If i don't go, I may never pull myself together enough to go back. And this would affect me extremely. However, if I do go, and it happens again, not only will I affect my friends who follow me out (most of whom are told to go away fairly quickly), but I'm not entirely sure I could face anyone from CU without being reminded.
My one friend in particular is worrying me - he told me the other day that he thought I was becoming dependent on him. What he doesn't seem to understand is that yes, him being there helps me a lot at time of panic (he's the only person I've ever been able to trust when having an attack), but I've been doing this on my own a lot longer than I've known him, and I've always coped. If I go tomorrow and have an attack, he may feel that it's proved his point.
So, what do you think people, do I go and risk an attack, or do I not go and continue to let my condition affect my everyday life?
Thank you in advance.

sMINT
05-03-09, 10:30
Hey StephdeMeth,

You should deff go to the next one!

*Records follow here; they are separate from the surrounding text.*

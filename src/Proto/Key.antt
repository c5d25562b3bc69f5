-- ===== src/Proto/Key.antt =====
-- crates/hawse-proto/src/key.rs: public keys and their text. The base64 of the crate `base64` comes
-- in as a record of its two functions.
use hawse.Base.{
  ℕ, ◌≡◌, refl, List, [], ◌∷◌, ◌++◌, Option, none, some, length, take, arith, ◌==◌, if◌then◌else◌,
  inl, inr, Option-cases, ap, ◌∙◌,
}
use hawse.Base.Text.{Text, codes, text_discrete}

abbrev pub prefix : Text
prefix = codes "ed25519:"

-- `[u8; 32]`.
pub record PublicKey : Type 0 where
  pub bytes : List ℕ

unfoldable pub key_discrete : Discrete PublicKey
key_discrete = hlevel text_discrete

pub data ParseKeyError : Type 0 where
  missing_prefix : ParseKeyError
  base64 : ParseKeyError
  wrong_length : ℕ → ParseKeyError

pub data Parsed : Type 0 where
  ok : PublicKey → Parsed
  err : ParseKeyError → Parsed

abbrev pub IsKey : PublicKey → Type 0
IsKey k = length k.bytes ≡ 32

unfoldable pub from_slice : List ℕ → Parsed
from_slice bytes =
    if length bytes == 32 then ok (record { bytes = bytes }) else err (wrong_length (length bytes))

-- `URL_SAFE_NO_PAD`.
pub record Base64 : Type 0 where
  pub encode : List ℕ → Text
  pub decode : Text → Option (List ℕ)

-- `str::strip_prefix`.
unfoldable pub strip_prefix : Text → Text → Option Text
strip_prefix [] s = some s
strip_prefix (c ∷ p) [] = none
strip_prefix (c ∷ p) (d ∷ s) = let rest = strip_prefix p s in if c == d then rest else none

module _ (b : Base64) where
  unfoldable pub display : PublicKey → Text
  display k = prefix ++ b.encode k.bytes

  -- `short`: the first 8 characters of the encoding.
  unfoldable pub short : PublicKey → Text
  short k = take 8 (b.encode k.bytes)

  unfoldable pub decoded : Option (List ℕ) → Parsed
  decoded none = err base64
  decoded (some bytes) = from_slice bytes

  unfoldable pub after_prefix : Option Text → Parsed
  after_prefix none = err missing_prefix
  after_prefix (some rest) = decoded (b.decode rest)

  unfoldable pub parse : Text → Parsed
  parse s = after_prefix (strip_prefix prefix s)

strip_prefix-append : (p s : Text) → strip_prefix p (p ++ s) ≡ some s
unfolding strip_prefix
strip_prefix-append [] s = refl
strip_prefix-append (c ∷ p) s = ground (arith, strip_prefix-append p s)

-- The text of a key parses to that key, where the decoder undoes the encoder.
pub parse-display :
    (b : Base64) (k : PublicKey)
    → ((bytes : List ℕ) → b.decode (b.encode bytes) ≡ some bytes)
    → IsKey k
    → parse b (display b k) ≡ ok k
unfolding parse display after_prefix decoded from_slice
parse-display b k inverse h = rw (strip_prefix-append prefix (b.encode k.bytes), inverse k.bytes, h)

from_slice-ok :
    (bytes : List ℕ) (k : PublicKey) → from_slice bytes ≡ ok k → IsKey k × (bytes ≡ k.bytes)
unfolding from_slice
from_slice-ok bytes k h = ground arith

-- A text that parses has the prefix, and what follows decodes to the 32 bytes of the key.
pub parse-ok :
    (b : Base64) (s : Text) (k : PublicKey)
    → parse b s ≡ ok k
    → IsKey k
      × ((rest : Text) × (strip_prefix prefix s ≡ some rest) × (b.decode rest ≡ some k.bytes))
unfolding parse after_prefix decoded
parse-ok b s k h = elim (Option-cases (strip_prefix prefix s)) [
  | inl e ↦ absurd (ground (arith, e))
  | inr (rest, e) ↦ elim (Option-cases (b.decode rest)) [
    | inl f ↦ absurd (ground (arith, e, f))
    | inr (bytes, f) ↦
        let (good, same) = from_slice-ok bytes k (ground (arith, e, f)) in
        (good, (rest, e, f ∙ ap (λ (l : List ℕ). some l) same))
  ]
]
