-- ===== src/Proto/Port.antt =====
-- crates/hawse-proto/src/port.rs: ports, ranges, spans and what a client asks for. `Text` has their
-- parsers.
pub mod Text
pub mod Bounds
use hawse.Base.{
  ℕ, zero, suc, ◌+◌, ◌-◌, ◌≡◌, List, [], ◌∷◌, Bool, ◌&&◌, leb, ite, ℕ_discrete, true, false,
}

pub data Kind : Type 0 where
  tcp udp : Kind

unfoldable pub kind_discrete : Discrete Kind
kind_discrete = hlevel

unfoldable pub same_kind : Kind → Kind → Bool
same_kind tcp tcp = true
same_kind udp udp = true
same_kind _ _ = false

pub record Port : Type 0 where
  pub number : ℕ
  pub kind : Kind

unfoldable pub port_discrete : Discrete Port
port_discrete = hlevel ℕ_discrete

pub record PortRange : Type 0 where
  pub first : ℕ
  pub last : ℕ
  pub kind : Kind

-- A run of port numbers with no protocol, used for the dynamic pool.
pub record PortSpan : Type 0 where
  pub first : ℕ
  pub last : ℕ

pub data PortRequest : Type 0 where
  any : Kind → PortRequest
  fixed : Port → PortRequest

-- `PortRange::contains`.
unfoldable pub contains : PortRange → Port → Bool
unfolding same_kind
contains r p = same_kind p.kind r.kind && (leb r.first p.number && leb p.number r.last)

-- `PortSpan::len`.
unfoldable pub len : PortSpan → ℕ
len s = s.last - s.first + 1

-- `PortSpan::contains_number`.
unfoldable pub contains_number : PortSpan → ℕ → Bool
contains_number s n = leb s.first n && leb n s.last

-- `PortSpan::iter`: the numbers from `first` to `last`, as many as `len` says.
count_up : ℕ → ℕ → List ℕ
count_up n zero = []
count_up n (suc k) = n ∷ count_up (n + 1) k

unfoldable pub iter : PortSpan → List ℕ
unfolding count_up len
iter s = count_up s.first (len s)

-- `PortRequest::kind`.
unfoldable pub kind_of : PortRequest → Kind
kind_of (any k) = k
kind_of (fixed p) = p.kind

-- `PortRequest::default`.
abbrev pub default_request : PortRequest
default_request = any tcp
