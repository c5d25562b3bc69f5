-- ===== src/Proto/Msg.antt =====
-- crates/hawse-proto/src/msg.rs: the messages of the control stream, the headers of streams and
-- datagrams, and the codes of resets and closes. Texts are lists of code points. Networks are of any
-- type.
use hawse.Base.{
  ℕ, ◌+◌, ◌≤◌, ◌≡◌, refl, List, [], ◌∷◌, Bool, true, false, ◌&&◌, ◌||◌, not, Option, ◌==◌, leb,
  if◌then◌else◌, take, arith,
}
use hawse.Base.Net.{IpAddr, SocketAddr}
use hawse.Base.Text.{Text, codes}
use hawse.Proto.Key.{PublicKey}
use hawse.Proto.Port.{Kind}
pub mod Printable

pub data DenyReason : Type 0 where
  unknown_key : DenyReason

pub data BindFailure : Type 0 where
  not_granted in_use bad_port bad_name unsupported : BindFailure

-- What a client asks a bind for.
pub record Wanted (Net : Type 0) : Type 0 where
  pub service : Text
  pub kind : Kind
  pub port : Option ℕ
  pub allow : List Net
  pub proxy_protocol : Bool

pub data ClientMessage (Net : Type 0) : Type 0 where
  hello : Option Text → Text → ClientMessage Net
  bind : Wanted Net → ClientMessage Net
  unbind : Text → ClientMessage Net
  ping : ℕ → ClientMessage Net
  pong : ℕ → ClientMessage Net

pub data ServerMessage : Type 0 where
  welcome : Text → Text → ServerMessage
  denied : DenyReason → PublicKey → ServerMessage
  bound : Text → ℕ → ℕ → IpAddr → ServerMessage
  bind_failed : Text → BindFailure → ServerMessage
  shutdown : Text → ServerMessage
  ask : ℕ → ServerMessage
  answer : ℕ → ServerMessage

pub record StreamHeader : Type 0 where
  pub service_id : ℕ
  pub visitor : SocketAddr
  pub listener : SocketAddr

pub data StreamOpen : Type 0 where
  visitor : StreamHeader → StreamOpen
  bulk : ℕ → StreamOpen

pub record DatagramHeader : Type 0 where
  pub service_id : ℕ
  pub session : ℕ

-- `char::is_control`: the general category Cc.
unfoldable pub is_control : ℕ → Bool
is_control c = leb c 0x1f || (leb 0x7f c && leb c 0x9f)

-- `chars().filter(..)` of `printable`.
unfoldable pub shown : Text → Text
shown [] = []
shown (c ∷ s) = let rest = shown s in if is_control c then rest else c ∷ rest

unfoldable pub printable : Text → Text
printable s = take 128 (shown s)

-- `reset::name`.
unfoldable pub reset_name : ℕ → Text
reset_name code =
    if code == 0x10
    then codes "unknown service"
    else if code == 0x11
    then codes "local refused"
    else if code == 0x12
    then codes "aborted"
    else if code == 0x13
    then codes "unexpected stream"
    else codes "unknown code"
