-- ===== src/Client/Failure.antt =====
-- crates/hawse-core/src/client/mod.rs: why a session of the client failed.
use hawse.Base.Text.{Text}
use hawse.Proto.Key.{PublicKey}

-- `ClientError`; what lies in those of other crates is left out.
pub data ClientError : Type 0 where
  server_addr resolve no_address protocol : Text → ClientError
  identity tls quic transport control_closed encode : ClientError
  denied : PublicKey → ClientError
  shutdown : Text → ClientError
  unresponsive version window buffer : ClientError
  no_transport : ClientError → ClientError → ClientError
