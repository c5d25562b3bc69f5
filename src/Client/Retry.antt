-- ===== src/Client/Retry.antt =====
-- crates/hawse-core/src/client/mod.rs: what a failure means for the next session, and the loop of
-- sessions. The text of an error's chain, and whether TLS reported an unknown protocol, are functions
-- of the error. Durations are nanoseconds.
pub mod Rounds
use hawse.Base.{
  ℕ, ◌+◌, ◌≤◌, ◌≡◌, refl, List, [], ◌∷◌, ◌++◌, Bool, true, false, ◌&&◌, ◌||◌, Option, none, some,
  if◌then◌else◌, arith, All, length, ap, Bool-cases, inl, inr,
}
use hawse.Base.Text.{Text}
use hawse.Client.Backoff.{Floats, Backoff, next}
use hawse.Client.Failure
use hawse.Client.Failure.{ClientError}

pub data DisconnectCause : Type 0 where
  shutdown : Text → DisconnectCause
  unresponsive denied : DisconnectCause
  transport config : Text → DisconnectCause

-- `matches!(cause, DisconnectCause::Config(_))`.
unfoldable pub is_config : DisconnectCause → Bool
is_config (config text) = true
is_config _ = false

unfoldable pub versioned : (ClientError → Bool) → ClientError → ClientError
versioned wrong_version (Failure.no_transport q t) =
    if wrong_version q || wrong_version t then Failure.version else Failure.no_transport q t
versioned wrong_version e = if wrong_version e then Failure.version else e

unfoldable pub classify : (ClientError → Text) → ClientError → DisconnectCause
classify chain (Failure.shutdown s) = shutdown s
classify chain Failure.unresponsive = unresponsive
classify chain (Failure.denied key) = denied
classify chain Failure.encode = config (chain Failure.encode)
classify chain (Failure.server_addr s) = config (chain (Failure.server_addr s))
classify chain Failure.window = config (chain Failure.window)
classify chain Failure.buffer = config (chain Failure.buffer)
classify chain Failure.tls = config (chain Failure.tls)
classify chain Failure.identity = config (chain Failure.identity)
classify chain (Failure.no_transport q t) =
    let both = is_config (classify chain q) && is_config (classify chain t) in
    if both
    then config (chain (Failure.no_transport q t))
    else transport (chain (Failure.no_transport q t))
classify chain e = transport (chain e)

-- `Event::Disconnected`.
pub record Disconnected : Type 0 where
  pub cause : DisconnectCause
  pub retry_in : Option ℕ

unfoldable pub emitted : Option Disconnected → List Disconnected → List Disconnected
emitted none events = events
emitted (some d) events = d ∷ events

module _ (f : Floats) where
  -- How a round of the loop goes: its session ends by a cancel, or with an error. Of the second: whether
  -- the run was cancelled by then, how long the session lasted, the draw of `random_unit`, and whether
  -- the cancel comes while the loop waits.
  pub data Ended : Type 0 where
    finished : Ended
    broke : ClientError → Bool → ℕ → f.F → Bool → Ended

  -- A round of `run` once its session is over: what it emits, and the backoff it goes on with, if it
  -- does.
  unfoldable pub after_session :
      (ClientError → Text) → Ended → Backoff → Option Disconnected × Option Backoff
  after_session chain finished b = (none, none)
  after_session chain (broke e true lasted unit cancelled) b = (none, none)
  after_session chain (broke e false lasted unit cancelled) b =
      let cause = classify chain e in
      if is_config cause then (some (record { cause = cause; retry_in = none }), none) else (
        some (record { cause = cause; retry_in = some (next f lasted unit b).0 }),
        if cancelled then none else some (next f lasted unit b).1,
      )

  -- `run` over its rounds: how many sessions it made, and its events. Without a backoff it is over.
  -- It waits where the list ends.
  unfoldable pub run : (ClientError → Text) → List Ended → Option Backoff → ℕ × List Disconnected
  run chain ends none = (0, [])
  run chain [] (some b) = (0, [])
  run chain (e ∷ ends) (some b) =
      let rest = run chain ends (after_session chain e b).1 in
      (rest.0 + 1, emitted (after_session chain e b).0 rest.1)
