-- ===== src/Client/Events.antt =====
-- crates/hawse-core/src/client/mod.rs: what a client tells whoever runs it.
use hawse.Base.{ℕ, Option}
use hawse.Base.Net.{SocketAddr}
use hawse.Base.Text.{Text}
use hawse.Proto.Key.{PublicKey}
use hawse.Proto.Msg.{BindFailure}
use hawse.Proto.Port.{Port}
use hawse.Client.Retry.{DisconnectCause}

pub data TransportKind : Type 0 where
  quic tcp : TransportKind

pub data Event : Type 0 where
  connected : SocketAddr → TransportKind → Text → Text → ℕ → Event
  bound : Text → Port → Event
  bind_failed : Text → BindFailure → Event
  denied : PublicKey → Event
  disconnected : DisconnectCause → Option ℕ → Event
  round_trip : ℕ → Event
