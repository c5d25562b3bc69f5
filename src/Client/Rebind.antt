-- ===== src/Client/Rebind.antt =====
-- crates/hawse-core/src/client/mod.rs: what a client asks of its server, and what a reload changes of
-- it. A `BTreeMap` is a dictionary in the order of its keys. Networks are of any type that can be
-- compared.
pub mod Asked
use hawse.Base.{
  ℕ, List, [], ◌∷◌, ◌++◌, Bool, true, false, ◌||◌, Option, none, some, ite, if◌then◌else◌,
}
use hawse.Base.Dict.{Dict, get}
use hawse.Base.Sets.{has}
use hawse.Base.Text.{Text, text_discrete}
use hawse.Proto.Port.{Kind, kind_discrete, Port, PortRequest, any, fixed, port_discrete}
use hawse.Proto.Msg.{Wanted, ClientMessage, bind, unbind}

-- A service of the client's config.
pub record Expose (Net : Type 0) : Type 0 where
  pub local : Text
  pub port : PortRequest
  pub allow : List Net
  pub proxy_protocol : Bool

unfoldable pub port_request_discrete : Discrete PortRequest
port_request_discrete = hlevel (port_discrete, kind_discrete)

-- The kind and the number that a request asks for.
unfoldable pub kind_and_port : PortRequest → Kind × Option ℕ
kind_and_port (any kind) = (kind, none)
kind_and_port (fixed port) = (port.kind, some port.number)

-- What `bind` asks for.
unfoldable pub wanted : {Net : Type 0} → Text → Expose Net → Wanted Net
wanted service expose = record {
  service = service;
  kind = (kind_and_port expose.port).0;
  port = (kind_and_port expose.port).1;
  allow = expose.allow;
  proxy_protocol = expose.proxy_protocol;
}

module _ {Net : Type 0} (same : Discrete Net) where
  unfoldable pub expose_discrete : Discrete (Expose Net)
  expose_discrete = hlevel (same, text_discrete, port_request_discrete)

  -- `from.get(service) != Some(expose)`.
  unfoldable pub is_other : Option (Expose Net) → Expose Net → Bool
  is_other none expose = true
  is_other (some e) expose = ite (expose_discrete e expose) false true

  unfoldable pub differs : Dict Text (Expose Net) → List Text → Text → Expose Net → Bool
  differs from retry service expose =
      has text_discrete service retry || is_other (get text_discrete service from) expose

  unfoldable pub unbinds :
      Dict Text (Expose Net) → List Text → Dict Text (Expose Net) → List (ClientMessage Net)
  unbinds next retry [] = []
  unbinds next retry ((service, expose) ∷ exposed) =
      let rest = unbinds next retry exposed in
      if differs next retry service expose then unbind service ∷ rest else rest

  unfoldable pub binds :
      Dict Text (Expose Net) → List Text → Dict Text (Expose Net) → List (ClientMessage Net)
  binds exposed retry [] = []
  binds exposed retry ((service, expose) ∷ next) =
      let rest = binds exposed retry next in
      if differs exposed retry service expose then bind (wanted service expose) ∷ rest else rest

  unfoldable pub rebind :
      Dict Text (Expose Net) → Dict Text (Expose Net) → List Text → List (ClientMessage Net)
  rebind exposed next retry = unbinds next retry exposed ++ binds exposed retry next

Facing your fears is a big thing to do but when you have been and come home you will feel a great sense of achievement. It will be worth it.

I used to put things off, I hardly see any of my friends and never go out but lately Im going places again, I always try and go to town for pointless things just to put me in social situations. I feel it really helps me even when I do panic.

Have you been to see a docotor yet about the attacks? Maybe try some herbel remedies to try and calm you down before you go to the Christian Uninon.

Hope it goes well for you :)

StephdeMeth
05-03-09, 11:01
Thank you so much! I will post on here how it goes!

StephdeMeth
05-03-09, 21:13
Ok, so I went. I lasted about 10 minutes, then had to get out. My panic attack wasn't as bad as they usually are, which was nice. Now I have the dilemma of do I go back or not. I can't really face going back there for the next few weeks. I don't really want to let it take over my life, but I have to think of the people that it affects, they're more important than me.
Thanks for the help.

sMINT
05-03-09, 21:31
Well done for going. You went & that's the main thing :yesyes:

Should try and go again, But this time leave early on purpose. Try and tell yourself that you are leaving on your own accord not when panic tells you to.
Try and introduce your self to the situation little by little. Maybe too much too soon triggers the panic as your trying to stay for the whole duration and constantly thinking about it.

I often do this, Ill be on a bus journey and instead of trying to forget I think of how long I have to sit there and start counting down the minutes. Usually end up panicking the whole journey then :(

Hope the next time goes better for you

StephdeMeth
06-03-09, 09:52
That's a really good idea! If I try and regain control of the situation, it should be fine - eventually, hopefully!